Exercise goal
Your reply should be one number, which is how many lines in the listing below contain "Bool".

....................

-- ===== src/Federation/Sources.antt =====
-- federation.py: the assertion sources for GitHub Actions, files and the environment.
use deixic_python.Base.{
  ℕ, String, ◌<>◌, false, ◌||◌, Option, none, some, List, [], ◌∷◌, truthy, is_empty, strip,
  if◌then◌else◌, Result, ok, err,
}
use deixic_python.Base.Fallible.{◌>>=◌}
use deixic_python.Base.Decimal.{str_ℕ}
use deixic_python.Value.{Value, Fields, get, as_text, as_dict}
use deixic_python.Errors.{DeixicError, validation_error, bytes, other, Response, or_default}
use deixic_python.Tasks.Types.{Raised, deixic, value_error, foreign}
use deixic_python.Tasks.Checks.{positive}
use deixic_python.Tasks.Platform.{Call}
use deixic_python.Client.{SplitUrl, stripped, billionths, raised_by}
use deixic_python.Client.Network.{HttpRequest, Reply, is_success}
use deixic_python.Federation.{assertion_unavailable}

-- `os.environ`, or the mapping that is given: a variable's value.
abbrev pub Environment : Type 0
Environment = String → Option String

-- `(env.get(name) or "").strip()`
abbrev pub variable : Environment → String → String
variable env name = strip (or_default (env name) "")

-- The source of `environment_assertion_source`.
unfoldable pub environment_source : Environment → String → Result DeixicError String
environment_source env name =
    let value = variable env name in
    if is_empty value
    then err (
        assertion_unavailable
          ("environment variable " <> name <> " does not contain a workload assertion"))
    else ok value

-- `environment_assertion_source`: the name that its source reads
unfoldable pub environment_assertion_source : Value → Result DeixicError String
environment_assertion_source name =
    if is_empty (stripped name)
    then err (validation_error "environment variable name is required")
    else ok (stripped name)

-- The source of `file_assertion_source`, of what `read_text` returns, none where it raises an
-- `OSError`, and of the path as `repr` prints it.
unfoldable pub file_source : String → Option String → Result DeixicError String
file_source path none =
    err (assertion_unavailable ("workload assertion file " <> path <> " could not be read"))
file_source path (some content) =
    if is_empty (strip content)
    then err (assertion_unavailable ("workload assertion file " <> path <> " is empty"))
    else ok (strip content)

-- `github_actions_assertion_source`: the audience and the timeout that its source is fixed to
unfoldable pub github_actions_assertion_source : Value → Value → Result DeixicError (String × ℕ)
github_actions_assertion_source audience timeout =
    if is_empty (stripped audience)
    then err (validation_error "audience is required")
    else positive timeout "timeout" >>= λ _. ok (stripped audience, billionths timeout)

-- What becomes of an exception of the transport.
abbrev pub as_token_request : {A : Type 0} → Result Raised A → Result Raised A
as_token_request (ok a) = ok a
as_token_request (err (deixic e)) = err (deixic e)
as_token_request (err e) =
    err (deixic (assertion_unavailable "GitHub Actions OIDC token request failed"))

-- `urlsplit`, none where it raises its `ValueError`, and `urlencode({"audience": audience})`; the
-- parser of `json.loads` on decoded bytes.
module _ (urlsplit : String → Option SplitUrl) (urlencode : String → String)
    (json_loads : List ℕ → Option Value) where
  unfoldable pub token_request : String → ℕ → String → String → Result Raised HttpRequest
  token_request audience timeout request_url request_token = elim (urlsplit request_url) [
    | none ↦ err value_error
    | some u ↦ ok (record {
      verb = "GET";
      url = request_url <> (if truthy u.query then "&" else "?") <> urlencode audience;
      headers = ("Accept", "application/json") ∷ ("Authorization", "Bearer " <> request_token) ∷ [];
      body = [];
      timeout = timeout;
      stream = false;
    })
  ]

  -- The value of a payload's field, where it is a text.
  abbrev pub value_in : Option Fields → Option String
  value_in none = none
  value_in (some fields) = as_text (get "value" fields)

  unfoldable pub token_value : Option Fields → Result DeixicError String
  token_value payload =
      let missing : Result DeixicError String =
        err (assertion_unavailable "GitHub Actions OIDC token response has no value") in
      elim (value_in payload) [
        | none ↦ missing
        | some s ↦ if is_empty (strip s) then missing else ok (strip s)
      ]

  -- The token of a response.
  unfoldable pub read_token : Response → Result Raised String
  read_token response =
      if is_success response.status_code
      then elim response.content [
        | bytes b ↦ raised_by (token_value (as_dict (json_loads b)))
        | other ↦ err (foreign "TypeError")
      ]
      else err (
          deixic (
            assertion_unavailable (
              "GitHub Actions OIDC token request failed with HTTP " <> str_ℕ response.status_code)))

  -- The transport.
  module _ {World : Type 0} (exchange : HttpRequest → Call World Reply)
      (close : Reply → World → World) where
    -- A response is closed after it is read.
    abbrev pub after_reply : Result Raised Reply × World → Result Raised String × World
    after_reply (ok reply, w) = (read_token reply.response, close reply w)
    after_reply (err e, w) = (as_token_request (err e), w)

    abbrev pub ask : Result Raised HttpRequest → Call World String
    ask (err e) w = (err e, w)
    ask (ok request) w = after_reply (exchange request w)

    -- The source of `github_actions_assertion_source`.
    unfoldable pub github_actions_source : Environment → String → ℕ → Call World String
    github_actions_source env audience timeout w =
        let request_url = variable env "ACTIONS_ID_TOKEN_REQUEST_URL" in
        let request_token = variable env "ACTIONS_ID_TOKEN_REQUEST_TOKEN" in
        if is_empty request_url || is_empty request_token
        then (
          err (
              deixic (
                assertion_unavailable
                  "ACTIONS_ID_TOKEN_REQUEST_URL and ACTIONS_ID_TOKEN_REQUEST_TOKEN are not set; grant the job the id-token: write permission")),
          w,
        )
        else ask (token_request audience timeout request_url request_token) w
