-- ===== src/Tasks.antt =====
-- tasks.py: recoverable task handles.
pub mod Voice
pub mod Types
pub mod Checks
pub mod Resume
pub mod Platform
pub mod Submit
pub mod Pages
pub mod Backfill
pub mod Result
pub mod Setup
pub mod Wait
pub mod Life
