-- ===== src/Tasks/Pages.antt =====
-- `_validate_page`, and the order in which a page's events are read.
pub mod Accepted
use deixic_python.Base.{
  ℕ, String, Bool, true, false, not, ◌||◌, ◌&&◌, Option, none, some, List, [], ◌∷◌, if◌then◌else◌,
  map,
}
use deixic_python.Base.Text.{codes_dec}
use deixic_python.Base.{ite}
use deixic_python.Base.Int.{ℤ, pos, leb_ℤ, ◌==ℤ◌, max_ℤ}
use deixic_python.Errors.{DeixicError, plain_error, Kind, protocol}
use deixic_python.Tasks.Types.{TaskEvent, EventPage}

-- `max([cursor] + [event.cursor for event in events])`
unfoldable pub watermark : ℤ → List TaskEvent → ℤ
unfolding max_ℤ
watermark cursor [] = cursor
watermark cursor (e ∷ es) = watermark (max_ℤ cursor e.cursor) es

abbrev pub same_bytes : List ℕ → List ℕ → Bool
same_bytes xs ys = ite (codes_dec xs ys) true false

abbrev pub Records : Type 0
Records = List (ℤ × List ℕ)

-- `event.cursor in records and records[event.cursor] != encoded`
unfoldable pub conflicts : ℤ → List ℕ → Records → Bool
conflicts cursor encoded [] = false
conflicts cursor encoded ((c, old) ∷ records) =
    if c ==ℤ cursor then not (same_bytes old encoded) else conflicts cursor encoded records

module _ (serialize : TaskEvent → List ℕ) where
  -- The loop over the events, none where it raises nothing.
  unfoldable pub event_refusal : Records → List TaskEvent → Option DeixicError
  unfolding conflicts
  event_refusal records [] = none
  event_refusal records (e ∷ es) =
      let rest = event_refusal ((e.cursor, serialize e) ∷ records) es in
      if leb_ℤ e.cursor (pos 0)
      then some (plain_error "Event cursor must be positive" protocol)
      else if conflicts e.cursor (serialize e) records
      then some (plain_error "Different events reused the same cursor" protocol)
      else rest

  -- `_validate_page`
  unfoldable pub page_refusal : EventPage → ℤ → Option DeixicError
  page_refusal page cursor =
      let expected = watermark cursor page.events in
      if not (page.next_cursor ==ℤ expected) || (page.has_more && leb_ℤ expected cursor)
      then some (plain_error "Event pagination returned an invalid watermark" protocol)
      else event_refusal [] page.events

-- `sorted(page.events, key=lambda item: item.cursor)`, which keeps the order of equal cursors
unfoldable pub insert_event : TaskEvent → List TaskEvent → List TaskEvent
insert_event e [] = e ∷ []
insert_event e (f ∷ fs) = if leb_ℤ e.cursor f.cursor then e ∷ f ∷ fs else f ∷ insert_event e fs

unfoldable pub sort_events : List TaskEvent → List TaskEvent
unfolding insert_event
sort_events [] = []
sort_events (e ∷ es) = insert_event e (sort_events es)
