-- ===== src/Tasks/Backfill.antt =====
-- `Task._backfill` and `Task._waiting_request`: reading the owner's events.
pub mod Progress
use deixic_python.Base.{
  ℕ, zero, suc, String, Bool, true, false, not, ◌||◌, ◌&&◌, Option, none, some, List, [], ◌∷◌, any,
  text_eq, truthy, if◌then◌else◌, Result, ok, err, pure, raise, gets, ◌>>=◌, ◌>>◌,
}
use deixic_python.Base.Int.{ℤ, pos, leb_ℤ, ltb_ℤ, ◌==ℤ◌, max_ℤ, pred_ℤ}
use deixic_python.Base.Decimal.{str}
use deixic_python.Errors.{DeixicError, plain_error, Kind, protocol}
use deixic_python.Tasks.Types.{
  Checkpoint, TaskEvent, TaskTurn, EventPage, WaitingReason, RequestKind, Raised, deixic,
}
use deixic_python.Tasks.Pages.{page_refusal, sort_events}
use deixic_python.Tasks.Platform.{
  Platform, EventsRequest, Call, Session, Run, call, set_checkpoint, set_event, checked, stored_int,
  application_call, save, remaining,
}

abbrev pub cursor_in : ℤ → List ℤ → Bool
cursor_in c seen = any (λ d. c ==ℤ d) seen

-- The events that the loop passes over.
unfoldable pub is_skipped : String → ℤ → List ℤ → TaskEvent → Bool
unfolding any
is_skipped turn_id cursor seen e =
    not (text_eq e.turn_id turn_id) || leb_ℤ e.cursor cursor || cursor_in e.cursor seen

abbrev pub raise_if_refused : {World : Type 0} → Option DeixicError → Run World (Unit {0})
raise_if_refused none s = (ok tt, s)
raise_if_refused (some e) s = (err (deixic e), s)

abbrev pub advance : ℤ → Checkpoint → Checkpoint
advance n c = record c { cursor = str n }

-- `expected_type`, and its comparison with the kind of a request
abbrev pub matches_reason : WaitingReason → RequestKind → Bool
matches_reason WaitingReason.approval RequestKind.approval = true
matches_reason WaitingReason.user_input RequestKind.user_input = true
matches_reason WaitingReason.client_tool RequestKind.client_tool = true
matches_reason WaitingReason.external_retry RequestKind.external_retry = true
matches_reason _ _ = false

-- The last event of the turn past the cursor that holds a request.
unfoldable pub latest_request : String → ℤ → Option TaskEvent → List TaskEvent → Option TaskEvent
latest_request turn_id cursor request [] = request
latest_request turn_id cursor request (e ∷ es) =
    latest_request turn_id cursor
      (if text_eq e.turn_id turn_id && ltb_ℤ cursor e.cursor && truthy e.request_id
        then some e
        else request)
      es

unfoldable pub fitting_request : WaitingReason → Option TaskEvent → Option TaskEvent
fitting_request reason none = none
fitting_request reason (some e) = if matches_reason reason e.request_kind then some e else none

module _ (P : Platform) (on_checkpoint : Option (Checkpoint → Call P.World (Unit {0})))
    (on_event : Option (TaskEvent → Call P.World (Unit {0}))) where
  -- `if on_event: _application_call(on_event, …)`
  unfoldable pub notify : TaskEvent → Run P.World (Unit {0})
  unfolding application_call
  notify e s = elim on_event [ none ↦ (ok tt, s) | some f ↦ application_call (call (f e)) s ]

  -- The loop over the sorted events of a page.
  unfoldable pub deliver : String → ℤ → List ℤ → List TaskEvent → Run P.World (Unit {0})
  deliver turn_id cursor seen [] = pure tt
  deliver turn_id cursor seen (e ∷ es) =
      let skipped = deliver turn_id cursor seen es in
      let delivered = do notify e; set_event (some e); deliver turn_id cursor (e.cursor ∷ seen) es
      in if is_skipped turn_id cursor seen e then skipped else delivered

  -- A page without a reset: the events, the cursor and the save.
  unfoldable pub consume : EventPage → ℤ → Run P.World (Unit {0})
  consume page cursor = do
    raise_if_refused (page_refusal P.serialize page cursor)
    turn_id ← gets (λ s. s.task.checkpoint.turn_id)
    deliver turn_id cursor [] (sort_events page.events)
    set_checkpoint (advance page.next_cursor)
    application_call (save on_checkpoint)

  -- The retention reset, to the owner's snapshot.
  unfoldable pub reset : Option ℤ → ℤ → Run P.World (Unit {0})
  reset none cursor =
      raise (deixic (plain_error "Retention reset omitted a valid owner execution cursor" protocol))
  reset (some replay_cursor) cursor =
      if ltb_ℤ replay_cursor cursor
      then raise
          (deixic (plain_error "Retention reset omitted a valid owner execution cursor" protocol))
      else (do
        set_event none
        set_checkpoint (advance replay_cursor)
        application_call (save on_checkpoint))

  -- One page of `events.list`.
  unfoldable pub next_page : Option ℕ → Run P.World (EventPage × ℤ)
  next_page deadline = do
    c ← gets (λ s. s.task.checkpoint)
    cursor ← stored_int c.cursor
    timeout ← remaining P deadline
    page ← call (
        P.list_events
          (record { channel_id = c.channel_id; after_cursor = cursor; timeout = timeout }))
    pure (page, cursor)

  -- `_backfill`: true where the events have been read to their end, or the owner has reset them, and
  -- false where the bound on the pages is met.
  unfoldable pub backfill : ℕ → Option ℕ → Run P.World Bool
  backfill zero deadline = pure false
  backfill (suc pages) deadline =
      let more = backfill pages deadline in
      do
        (page, cursor) ← next_page deadline
        elim page.reset_required [
          | true ↦ do reset page.snapshot cursor; pure true
          | false ↦ do consume page cursor; elim page.has_more [ true ↦ more | false ↦ pure true ]
        ]

  -- The loop of `_waiting_request`.
  unfoldable pub find_request :
      ℕ → Option ℕ → TaskTurn → ℤ → Option TaskEvent → Run P.World (Option TaskEvent)
  find_request zero deadline turn cursor request = pure none
  find_request (suc pages) deadline turn cursor request = do
    c ← gets (λ s. s.task.checkpoint)
    timeout ← remaining P deadline
    page ← call (
        P.list_events
          (record { channel_id = c.channel_id; after_cursor = cursor; timeout = timeout }))
    elim page.reset_required [
      | true ↦ pure none
      | false ↦ do
        raise_if_refused (page_refusal P.serialize page cursor)
        let latest = latest_request turn.turn_id cursor request (sort_events page.events)
        elim page.has_more [
          | true ↦ find_request pages deadline turn page.next_cursor latest
          | false ↦ pure (fitting_request turn.waiting_reason latest)
        ]
    ]

  -- `_waiting_request`
  unfoldable pub waiting_request : ℕ → Option ℕ → TaskTurn → Run P.World (Option TaskEvent)
  waiting_request pages deadline turn =
      find_request pages deadline turn (max_ℤ (pos 0) (pred_ℤ turn.first_cursor)) none
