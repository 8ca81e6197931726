-- ===== src/Tasks/Pages/Accepted.antt =====
-- What holds of a page of events that `_validate_page` lets through.
use deixic_python.Base.{ℕ, true, ◌≡◌, none, List, [], ◌∷◌, All, arith}
use deixic_python.Base.Int.{ℤ, pos, ◌≤ℤ◌, ◌<ℤ◌, ==ℤ_iff, max_ℤ, le-max_ℤ_left, le-max_ℤ_right}
use deixic_python.Tasks.Types.{TaskEvent, EventPage}
use deixic_python.Tasks.Pages.{watermark, Records, event_refusal, page_refusal}

watermark-ge : (cursor : ℤ) (es : List TaskEvent) → cursor ≤ℤ watermark cursor es
unfolding watermark
watermark-ge cursor [] = omega arith
watermark-ge cursor (e ∷ es) =
    omega (arith, watermark-ge (max_ℤ cursor e.cursor) es, le-max_ℤ_left cursor e.cursor)

All-mono {ℓ κ μ} :
    {A : Type ℓ} {P : A → Type κ} {Q : A → Type μ}
    → ((a : A) → P a → Q a)
    → (xs : List A) → All P xs
    → All Q xs
All-mono f [] ps = tt
All-mono f (x ∷ xs) (p, ps) = (f x p, All-mono f xs ps)

watermark-bounds :
    (cursor : ℤ) (es : List TaskEvent) → All (λ e. e.cursor ≤ℤ watermark cursor es) es
unfolding watermark
watermark-bounds cursor [] = tt
watermark-bounds cursor (e ∷ es) = (
  omega (arith, watermark-ge (max_ℤ cursor e.cursor) es, le-max_ℤ_right cursor e.cursor),
  watermark-bounds (max_ℤ cursor e.cursor) es,
)

module _ (serialize : TaskEvent → List ℕ) where
  event_refusal-positive :
      (records : Records) (es : List TaskEvent)
      → event_refusal serialize records es ≡ none
      → All (λ e. pos 0 <ℤ e.cursor) es
  unfolding event_refusal
  event_refusal-positive records [] h = tt
  event_refusal-positive records (e ∷ es) h =
      (ground arith, event_refusal-positive ((e.cursor, serialize e) ∷ records) es (ground arith))

  -- A page that the source accepts.
  pub record IsSound (page : EventPage) (cursor : ℤ) : Type 0 where
    pub onward : cursor ≤ℤ page.next_cursor
    pub positive : All (λ e. pos 0 <ℤ e.cursor) page.events
    pub bounded : All (λ e. e.cursor ≤ℤ page.next_cursor) page.events
    pub progress : page.has_more ≡ true → cursor <ℤ page.next_cursor

  page_refusal-inv :
      (page : EventPage) (cursor : ℤ)
      → page_refusal serialize page cursor ≡ none
      → (page.next_cursor ≡ watermark cursor page.events)
        × (page.has_more ≡ true → cursor <ℤ watermark cursor page.events)
        × (event_refusal serialize [] page.events ≡ none)
  unfolding page_refusal
  page_refusal-inv page cursor h = (
    ground (arith, ==ℤ_iff page.next_cursor (watermark cursor page.events)),
    λ m. ground arith,
    ground arith,
  )

  -- A page of events that is accepted behind a cursor does not go back: its next cursor is at least
  -- this one, and beyond it where more pages are promised, so that reading the pages makes progress;
  -- the cursors of its events are positive and at most the next cursor.
  pub page_refusal-IsSound :
      (page : EventPage) (cursor : ℤ)
      → page_refusal serialize page cursor ≡ none
      → IsSound page cursor
  page_refusal-IsSound page cursor h =
      let (next, more, clear) = page_refusal-inv page cursor h in
      record {
        onward = rw next (watermark-ge cursor page.events);
        positive = event_refusal-positive [] page.events clear;
        bounded = rw next (watermark-bounds cursor page.events);
        progress = λ m. rw next (more m);
      }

....................

Solution to this problem
8